# Is this an application of Frisch-Waugh-Lovell theorem?

Firstly, the regression of Y on $$X_1, X_2, X_3, X_4$$ yields: $$Y=\beta_0+\beta_1X_1+\beta_2X_2+\beta_3X_3+\beta_4X_4+e (1)$$ Then, regress Y on $$X_2, X_3, X_4$$ $$Y=\beta'_0+\beta'_2X_2+\beta'_3X_3+\beta'_4X_4+e'(2)$$ Lastly, regress $$X_1$$ on $$X_2, X_3, X_4$$ $$X_1=\beta''_0+\beta''_2X_2+\beta''_3X_3+\beta''_4X_4+e'' (3)$$

Now I regress e' on e'' $$e'= \alpha_1+\alpha_2e''+\epsilon$$

Is there a simple method to prove that $$\alpha_2=\beta_2$$ Can I plug (3) into (1) (which yields equation (4) ) and then identity the residuals of (2) and (4) ?

I will give you an aswer considering a regression based of $Y$ on $X_1$ and $X_2$ only, since it is clearer and it simplifies the algebra.
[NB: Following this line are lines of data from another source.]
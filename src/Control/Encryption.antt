-- ===== src/Control/Encryption.antt =====
-- src/stream/proto/control/encryption.rs, with the encrypted header of control/packet.rs. A buffer that
-- is written to is an argument, and its new bytes a result.
pub mod Opened
pub mod RoundTrip
pub mod Nonces
use moonlight_common_rust.Common.{
  ℕ, ◌+◌, ◌-◌, ◌%◌, ◌^◌, Bool, true, false, not, Option, none, some, Outcome, ok, err, assert,
  ◌>>=◌, ◌>>◌, Bytes, List, [], ◌∷◌, ◌++◌, length, drop, slice, replicate, byte, ltb, leb, ◌==◌,
  if◌then◌else◌, u16_to_le, u32_to_le, u16_from_le, u32_from_le,
}
use moonlight_common_rust.Crypto.{AesGcmBackend, write, or_error}

pub data ControlEncryptionMethod : Type 0 where
  nvidia sunshine : ControlEncryptionMethod

-- The last is the backend's own error.
pub data ControlEncryptionError : Type 0 where
  packet_too_small invalid_encryption_header_packet_type encryption_header_length_mismatch
        payload_too_small encryption_header_length_too_small crypto_error :
      ControlEncryptionError

pub record EncryptedControlHeader : Type 0 where
  pub ty : ℕ
  pub len : ℕ
  pub sequence_number : ℕ
  pub tag : Bytes

abbrev pub encrypted_control_packet_type : ℕ
encrypted_control_packet_type = 1

abbrev pub header_size : ℕ
header_size = 24

abbrev pub sub_len : ℕ
sub_len = 20

unfoldable pub serialize_header : EncryptedControlHeader → Bytes
serialize_header h = u16_to_le h.ty ++ (u16_to_le h.len ++ (u32_to_le h.sequence_number ++ h.tag))

unfoldable pub deserialize_header : Bytes → EncryptedControlHeader
deserialize_header buffer = record {
  ty = u16_from_le (byte buffer 0) (byte buffer 1);
  len = u16_from_le (byte buffer 2) (byte buffer 3);
  sequence_number = u32_from_le (byte buffer 4) (byte buffer 5) (byte buffer 6) (byte buffer 7);
  tag = slice 8 24 buffer;
}

unfoldable pub len_with_payload_size : ℕ → ℕ
len_with_payload_size payload_size = sub_len + payload_size

unfoldable pub payload_size : EncryptedControlHeader → Option ℕ
payload_size h = if ltb h.len sub_len then none else some (h.len - sub_len)

unfoldable pub generate_iv : ControlEncryptionMethod → Bool → ℕ → Bytes
generate_iv nvidia is_clientbound sequence_number = (sequence_number % 2 ^ 8) ∷ replicate 15 0
generate_iv sunshine is_clientbound sequence_number =
    u32_to_le sequence_number
    ++ (replicate 6 0 ++ ((if not is_clientbound then 67 else 72) ∷ 67 ∷ []))

-- The size that is returned, and the buffer.
unfoldable pub encrypt_control_packet_into :
    AesGcmBackend
    → (aes_key : Bytes) (sequence_number : ℕ) (iv unencrypted_packet encrypted_packet : Bytes)
    → Outcome ControlEncryptionError (ℕ × Bytes)
unfolding len_with_payload_size
encrypt_control_packet_into crypto aes_key sequence_number iv unencrypted_packet encrypted_packet =
    assert (leb header_size (length encrypted_packet))
    >> (or_error crypto_error (
          crypto.encrypt_aes_gcm aes_key iv unencrypted_packet
            (length encrypted_packet - header_size))
        >>= (λ sealed.
            let (cipher, tag) = sealed in
            ok (
              header_size + length unencrypted_packet,
              serialize_header (record {
                ty = encrypted_control_packet_type;
                len = len_with_payload_size (length unencrypted_packet) % 2 ^ 16;
                sequence_number = sequence_number;
                tag = tag;
              })
                  ++ write cipher (drop header_size encrypted_packet),
            )))

-- What is done once the header has been read.
unfoldable pub decrypt_payload :
    AesGcmBackend
    → (aes_key : Bytes) → (iv : ℕ → Bytes) → EncryptedControlHeader
    → (payload unencrypted_packet : Bytes) → Outcome ControlEncryptionError (ℕ × Bytes)
unfolding payload_size
decrypt_payload crypto aes_key iv header payload unencrypted_packet =
    if not (header.ty == encrypted_control_packet_type)
    then err invalid_encryption_header_packet_type
    else if ltb header.len sub_len
    then err invalid_encryption_header_packet_type
    else or_error encryption_header_length_too_small (payload_size header) >>= (λ expected.
      if not (length payload == expected)
      then err encryption_header_length_mismatch
      else or_error crypto_error (
          crypto.decrypt_aes_gcm aes_key (iv header.sequence_number) payload header.tag
            (length unencrypted_packet))
        >>= (λ plain. ok (length payload, write plain unencrypted_packet)))

unfoldable pub decrypt_control_packet_into :
    AesGcmBackend
    → (aes_key : Bytes) → (iv : ℕ → Bytes) → (encrypted_packet unencrypted_packet : Bytes)
    → Outcome ControlEncryptionError (ℕ × Bytes)
decrypt_control_packet_into crypto aes_key iv encrypted_packet unencrypted_packet =
    if ltb (length encrypted_packet) header_size
    then err packet_too_small
    else decrypt_payload crypto aes_key iv (deserialize_header encrypted_packet)
        (drop header_size encrypted_packet) unencrypted_packet

unfoldable pub encrypt_clientbound_control_packet_into :
    AesGcmBackend
    → ControlEncryptionMethod
    → (aes_key : Bytes) (sequence_number : ℕ) (unencrypted_packet encrypted_packet : Bytes)
    → Outcome ControlEncryptionError (ℕ × Bytes)
encrypt_clientbound_control_packet_into crypto method aes_key sequence_number =
    encrypt_control_packet_into crypto aes_key sequence_number
      (generate_iv method true sequence_number)

unfoldable pub decrypt_clientbound_control_packet_into :
    AesGcmBackend
    → ControlEncryptionMethod
    → (aes_key encrypted_packet unencrypted_packet : Bytes)
    → Outcome ControlEncryptionError (ℕ × Bytes)
decrypt_clientbound_control_packet_into crypto method aes_key =
    decrypt_control_packet_into crypto aes_key (generate_iv method true)

unfoldable pub encrypt_serverbound_control_packet_into :
    AesGcmBackend
    → ControlEncryptionMethod
    → (aes_key : Bytes) (sequence_number : ℕ) (unencrypted_packet encrypted_packet : Bytes)
    → Outcome ControlEncryptionError (ℕ × Bytes)
encrypt_serverbound_control_packet_into crypto method aes_key sequence_number =
    encrypt_control_packet_into crypto aes_key sequence_number
      (generate_iv method false sequence_number)

unfoldable pub decrypt_serverbound_control_packet_into :
    AesGcmBackend
    → ControlEncryptionMethod
    → (aes_key encrypted_packet unencrypted_packet : Bytes)
    → Outcome ControlEncryptionError (ℕ × Bytes)
decrypt_serverbound_control_packet_into crypto method aes_key =
    decrypt_control_packet_into crypto aes_key (generate_iv method false)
It does not change anything in terms of intuition or results. Note that I am assuming that the intercept is part of $X_1$, and that you regress it only once (which is all that matters, you could also assume that the vector of $1$ is part of $X_2$.

First we regress $Y = X_2 \beta_2 + \epsilon$ (so, without $X_1$)
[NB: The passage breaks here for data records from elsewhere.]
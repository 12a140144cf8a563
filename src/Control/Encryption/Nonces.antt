-- ===== src/Control/Encryption/Nonces.antt =====
-- The IVs of the control packets.
use moonlight_common_rust.Common.{
  ℕ, ◌%◌, ◌/◌, ◌^◌, ◌≡◌, refl, ap, arith, Bool, true, false, byte, IsU32,
}
use moonlight_common_rust.Control.Encryption.{sunshine, generate_iv}

pub u32_to_le-injective :
    (s t : ℕ)
    → IsU32 s
    → IsU32 t
    → s % 2 ^ 8 ≡ t % 2 ^ 8
    → s / 2 ^ 8 % 2 ^ 8 ≡ t / 2 ^ 8 % 2 ^ 8
    → s / 2 ^ 16 % 2 ^ 8 ≡ t / 2 ^ 16 % 2 ^ 8
    → s / 2 ^ 24 % 2 ^ 8 ≡ t / 2 ^ 24 % 2 ^ 8
    → s ≡ t
u32_to_le-injective s t hs ht e0 e1 e2 e3 = omega arith

-- The sequence number, in the first four bytes.
iv_number :
    (one other : Bool) (s t : ℕ)
    → IsU32 s
    → IsU32 t
    → generate_iv sunshine one s ≡ generate_iv sunshine other t
    → s ≡ t
unfolding generate_iv
iv_number one other s t hs ht e =
    u32_to_le-injective s t hs ht (ap (λ iv. byte iv 0) e) (ap (λ iv. byte iv 1) e)
      (ap (λ iv. byte iv 2) e) (ap (λ iv. byte iv 3) e)

iv_direction :
    (one other : Bool) (s t : ℕ)
    → generate_iv sunshine one s ≡ generate_iv sunshine other t
    → one ≡ other
unfolding generate_iv
iv_direction true true s t e = refl
iv_direction false false s t e = refl
iv_direction true false s t e =
    let b : ◌≡◌ {A = ℕ} 72 67 = ap (λ iv. byte iv 10) e in absurd (omega arith)
iv_direction false true s t e =
    let b : ◌≡◌ {A = ℕ} 67 72 = ap (λ iv. byte iv 10) e in absurd (omega arith)

-- Under the Sunshine method and sequence numbers of 32 bits, two control packets have one IV only if they
-- go in the same direction and have the same sequence number.
pub generate_iv-injective :
    (one other : Bool) (s t : ℕ)
    → IsU32 s
    → IsU32 t
    → generate_iv sunshine one s ≡ generate_iv sunshine other t
    → (one ≡ other) × (s ≡ t)
generate_iv-injective one other s t hs ht e =
    (iv_direction one other s t e, iv_number one other s t hs ht e)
The coefficient $\hat{\beta}_2 = (X_2'X_2)^{-1}X_2'Y$

Therefore the residual $e= Y -X_2(X_2'X_2)^{-1}X_2'Y = [\mathbf{I} -X_2(X_2'X_2)^{-1}X_2']Y = M_2 Y$, where $M_2$ is the orthogonal component to $X_2$

Second, we regress the auxiliary $X_1 = X_2 \gamma_2 + \epsilon$

Following the same steps you will find that $e_{aux} = M_2X_1$

As a final step, we regress $e = e_{aux}\delta$ and we want to show that $\hat{\delta} = \hat{\alpha}_2$, where $\alpha_2$ is the coefficient from the "full" regression $Y = X_1\alpha_1 + X_2\alpha_2 + \epsilon$

Substituting from the first two parts:

$M_2Y = M_2X_1\delta +\epsilon$

Therefore $\hat{\delta} = (X_1'M_2'M_2X_1)^{-1}X_1'M_2'M_2Y = (X_1'M_2X_1)^{-1}X_1'M_2Y$ since $M_2$ is idempotent.

Finally, what is the FWL theorem telling you? That running the whole regression or doing this steps gives the same coefficient, since we are removing from each variable the part already explained by the others.

How to see that it is actually the same? Set the normal equations for the full regression, compute $\hat{\alpha_1}$ and $\hat{\alpha_2}$, plug one of the two in the expression of the other. You will eventually obtain the same matrix result I show for $\delta$.